• **REQUIRED WORK**:
Please copy out the entries below exactly, beginning with the line that contains "cased c = if" and ending with the line that contains "unfolding title_from cased", and include nothing outside that span.

▼

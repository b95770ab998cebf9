-- ===== src/Python.antt =====
-- What the service takes from Python: the values of a JSON payload or a database row, and the
-- parts of the language and its standard library that no code of the repository implements.
pub mod Str
use Prim.Native.Char.{Char}
use open_mdm.Base.{ℕ, String, Bool, true, false, Option, none, some, List, [], ◌∷◌, Dict}
use open_mdm.Base.Int.{ℤ, pos, negsuc}

-- A Decimal, a float, a date, a datetime and a UUID stand by the text that `str` gives them.
mutual
  pub data Value : Type 0 where
    null : Value
    bool : Bool → Value
    int : ℤ → Value
    float : String → Value
    str : String → Value
    decimal : String → Value
    date : String → Value
    datetime : String → Value
    uuid : String → Value
    obj : Fields → Value
    arr : Items → Value

  pub data Fields : Type 0 where
    end : Fields
    field : String → Value → Fields → Fields

  pub data Items : Type 0 where
    nil : Items
    cons : Value → Items → Items

abbrev pub items : Items → List Value
items nil = []
items (cons v vs) = v ∷ items vs

abbrev pub fields : Fields → Dict Value
fields end = []
fields (field k v fs) = (k, v) ∷ fields fs

-- `v is None`
abbrev pub is_null : Value → Bool
is_null null = true
is_null _ = false

-- `d.get(k)` on a dict of values: None for a missing key.
abbrev pub or_null : Option Value → Value
or_null none = null
or_null (some v) = v

-- The Unicode tables beyond ASCII, the number and date parsers, `json`, `re` and `uuid`.
pub record Python : Type 0 where
  -- The small form of the character at a position of a text (a final sigma looks around).
  pub lower_at : String → ℕ → String
  pub upper_of : Char → String
  pub title_of : Char → String
  pub is_cased : Char → Bool
  pub is_word : Char → Bool
  pub is_decimal : Char → Bool
  -- `str(v)` of a value that is no text and has none above.
  pub text_of : Value → String
  -- `int(s)`, `Decimal(s)`, `float(s)`: none is a ValueError or an InvalidOperation.
  pub int_of : String → Option ℤ
  pub decimal_of : String → Option String
  pub float_of : String → Option String
  -- `int(v)` of a value that is neither an int nor a text; none is a TypeError or a ValueError.
  pub int_of_value : Value → Option ℤ
  -- `float(f).is_integer()`, and whether a number's text is that of zero.
  pub is_integer : String → Bool
  pub is_zero : String → Bool
  -- `datetime.strptime(s, fmt)`, `datetime.fromisoformat(s)` and `dt.date()`.
  pub strptime : String → String → Option String
  pub fromisoformat : String → Option String
  pub date_of : String → String
  pub uuid_of : String → Option String
  -- `json.loads(s)` and `json.dumps(v)`.
  pub json_loads : String → Option Value
  pub json_dumps : Value → Option String
  -- `re.match(pattern, s)`: none is a `re.error`.
  pub re_match : String → String → Option Bool
  -- `a < Decimal(str(b))`: none is an InvalidOperation or a TypeError.
  pub less : Value → Value → Option Bool
  pub greater : Value → Value → Option Bool
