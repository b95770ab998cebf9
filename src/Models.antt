-- ===== src/Models.antt =====
-- app/models/meta.py: the metadata of an entity, the accounts and keys, the audit trail and the
-- promotion batches. Timestamps are numbers; `created_by`, `updated_by`, the record ids of these
-- tables and the before and after values of an audit event are left out.
use open_mdm.Base.{ℕ, String, Bool, true, false, Option, List, Dict, keep}
use open_mdm.Base.Int.{ℤ}
use open_mdm.Python.{Value}

pub data EntityStatus : Type 0 where
  draft published modified deprecated : EntityStatus

pub data UserSource : Type 0 where
  ldap local service : UserSource

pub record Attribute : Type 0 where
  pub name : String
  pub display_name : String
  pub description : Option String
  pub position : ℕ
  pub data_type : String
  pub length : Option ℤ
  pub numeric_precision : Option ℤ
  pub numeric_scale : Option ℤ
  pub is_required : Bool
  pub is_unique : Bool
  pub is_business_key : Bool
  pub is_match_key : Bool
  pub is_indexed : Bool
  pub is_pii : Bool
  pub default_value : Option String
  pub validation : Dict Value
  pub normalization : List String
  pub ref_entity : Option String
  pub ref_attribute : Option String

pub record Entity : Type 0 where
  pub name : String
  pub display_name : String
  pub description : Option String
  pub domain : Option String
  pub status : EntityStatus
  pub version : ℕ
  pub published_version : Option ℕ
  pub published_at : Option ℕ
  pub requires_approval : Bool
  pub soft_delete : Bool
  pub auto_approve_threshold : Option ℤ
  pub retention_days : Option ℤ
  pub attributes : List Attribute

abbrev pub match_keys : Entity → List Attribute
match_keys e = keep (λ a. a.is_match_key) e.attributes

abbrev pub business_key : Entity → List Attribute
business_key e = keep (λ a. a.is_business_key) e.attributes

abbrev pub deployed_status : EntityStatus → Bool
deployed_status EntityStatus.published = true
deployed_status EntityStatus.modified = true
deployed_status _ = false

abbrev pub is_deployed : Entity → Bool
is_deployed e = deployed_status e.status

pub record User : Type 0 where
  pub username : String
  pub email : Option String
  pub display_name : Option String
  pub source : UserSource
  pub password_hash : Option String
  pub dn : Option String
  pub roles : List String
  pub entity_permissions : Dict (List String)
  pub is_active : Bool
  pub last_login_at : Option ℕ

pub record ApiKey : Type 0 where
  pub name : String
  pub key_prefix : String
  pub key_hash : String
  pub source_system : Option String
  pub allowed_entities : List String
  pub is_active : Bool
  pub expires_at : Option ℕ
  pub last_used_at : Option ℕ

pub record AuditEvent : Type 0 where
  pub actor : String
  pub actor_roles : List String
  pub action : String
  pub entity_name : Option String
  pub record_id : Option String
  pub tier : Option String
  pub detail : Dict Value
  pub success : Bool

pub record PromotionBatch : Type 0 where
  pub entity_name : String
  pub stage : String
  pub status : String
  pub rows_in : ℕ
  pub rows_ok : ℕ
  pub rows_failed : ℕ
  pub triggered_by : String
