-- ===== src/Python/Str.antt =====
-- The methods of `str` that look a character up in the Unicode tables, and `str(v)`.
use Prim.Native.Nat.{ℕ, suc}
use Prim.Native.Char.{Char, code}
use Prim.Native.String.{String}
use Prim.Native.String
use open_mdm.Base.{◌≡◌, refl, Bool, true, false, not, ◌&&◌, ◌||◌, arith, eqb, if◌then◌else◌}
use open_mdm.Base.Text.{
  all_chars, is_ascii, is_lower, is_upper, is_digit, lower_ascii, lower_ascii_other, upper_ascii,
  is_space, keep_chars,
}
use open_mdm.Python.{Python, Value, str, decimal, date, datetime, uuid}

-- An ASCII character that is no capital.
abbrev pub small : Char → Bool
small c = is_ascii c && not (is_upper c)

module _ (py : Python) where
  lower_from : String → ℕ → String → String
  lower_from whole i String.[] = String.[]
  lower_from whole i (String.◌∷◌ c s) =
      let rest = lower_from whole (suc i) s in
      if is_ascii c then String.◌∷◌ (lower_ascii c) rest else String.◌++◌ (py.lower_at whole i) rest

  -- `s.lower()`
  unfoldable pub lower : String → String
  unfolding lower_from
  lower s = lower_from s 0 s

  -- `s.upper()`
  unfoldable pub upper : String → String
  upper String.[] = String.[]
  upper (String.◌∷◌ c s) =
      let rest = upper s in
      if is_ascii c then String.◌∷◌ (upper_ascii c) rest else String.◌++◌ (py.upper_of c) rest

  cased : Char → Bool
  cased c = if is_ascii c then is_lower c || is_upper c else py.is_cased c

  -- After a cased character a letter is small, elsewhere it is a title letter.
  title_from : String → ℕ → Bool → String → String
  title_from whole i after String.[] = String.[]
  title_from whole i after (String.◌∷◌ c s) =
      let rest = title_from whole (suc i) (cased c) s in
      if is_ascii c
      then String.◌∷◌ (if after then lower_ascii c else upper_ascii c) rest
      else String.◌++◌ (if after then py.lower_at whole i else py.title_of c) rest

  -- `s.title()`
  unfoldable pub title : String → String
  unfolding title_from cased
  title s = title_from s 0 false s

  -- `\w` and `\d` of a pattern on texts.
  unfoldable pub word_char : Char → Bool
  word_char c =
      if is_ascii c
      then is_lower c || is_upper c || is_digit c || eqb (code c) b'_'
      else py.is_word c

  unfoldable pub digit_char : Char → Bool
  digit_char c = if is_ascii c then is_digit c else py.is_decimal c

  -- `re.sub(r"[^\w\s]", "", s)` and `re.sub(r"\D", "", s)`
  unfoldable pub strip_punctuation : String → String
  unfolding word_char is_space
  strip_punctuation s = keep_chars (λ c. word_char c || is_space c) s

  unfoldable pub digits_only : String → String
  unfolding digit_char
  digits_only s = keep_chars digit_char s

  -- `str(v)`
  unfoldable pub to_str : Value → String
  to_str (str s) = s
  to_str (decimal s) = s
  to_str (date s) = s
  to_str (datetime s) = s
  to_str (uuid s) = s
  to_str v = py.text_of v

  lower_from-small :
      (whole : String) (i : ℕ) (s : String) → all_chars small s ≡ true → lower_from whole i s ≡ s
  unfolding lower_from
  lower_from-small whole i String.[] h = refl
  lower_from-small whole i (String.◌∷◌ c s) h =
      ground (arith, lower_from-small whole (suc i) s, lower_ascii_other c)

  -- A text of ASCII characters with no capital is its own small form.
  pub lower-small : (s : String) → all_chars small s ≡ true → lower s ≡ s
  unfolding lower
  lower-small s h = lower_from-small s 0 s h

▲

• **SOLUTION FOR THIS EXERCISE**:
  cased c = if is_ascii c then is_lower c || is_upper c else py.is_cased c

  -- After a cased character a letter is small, elsewhere it is a title letter.
  title_from : String → ℕ → Bool → String → String
  title_from whole i after String.[] = String.[]
  title_from whole i after (String.◌∷◌ c s) =
      let rest = title_from whole (suc i) (cased c) s in
      if is_ascii c
      then String.◌∷◌ (if after then lower_ascii c else upper_ascii c) rest
      else String.◌++◌ (if after then py.lower_at whole i else py.title_of c) rest

  -- `s.title()`
  unfoldable pub title : String → String
  unfolding title_from cased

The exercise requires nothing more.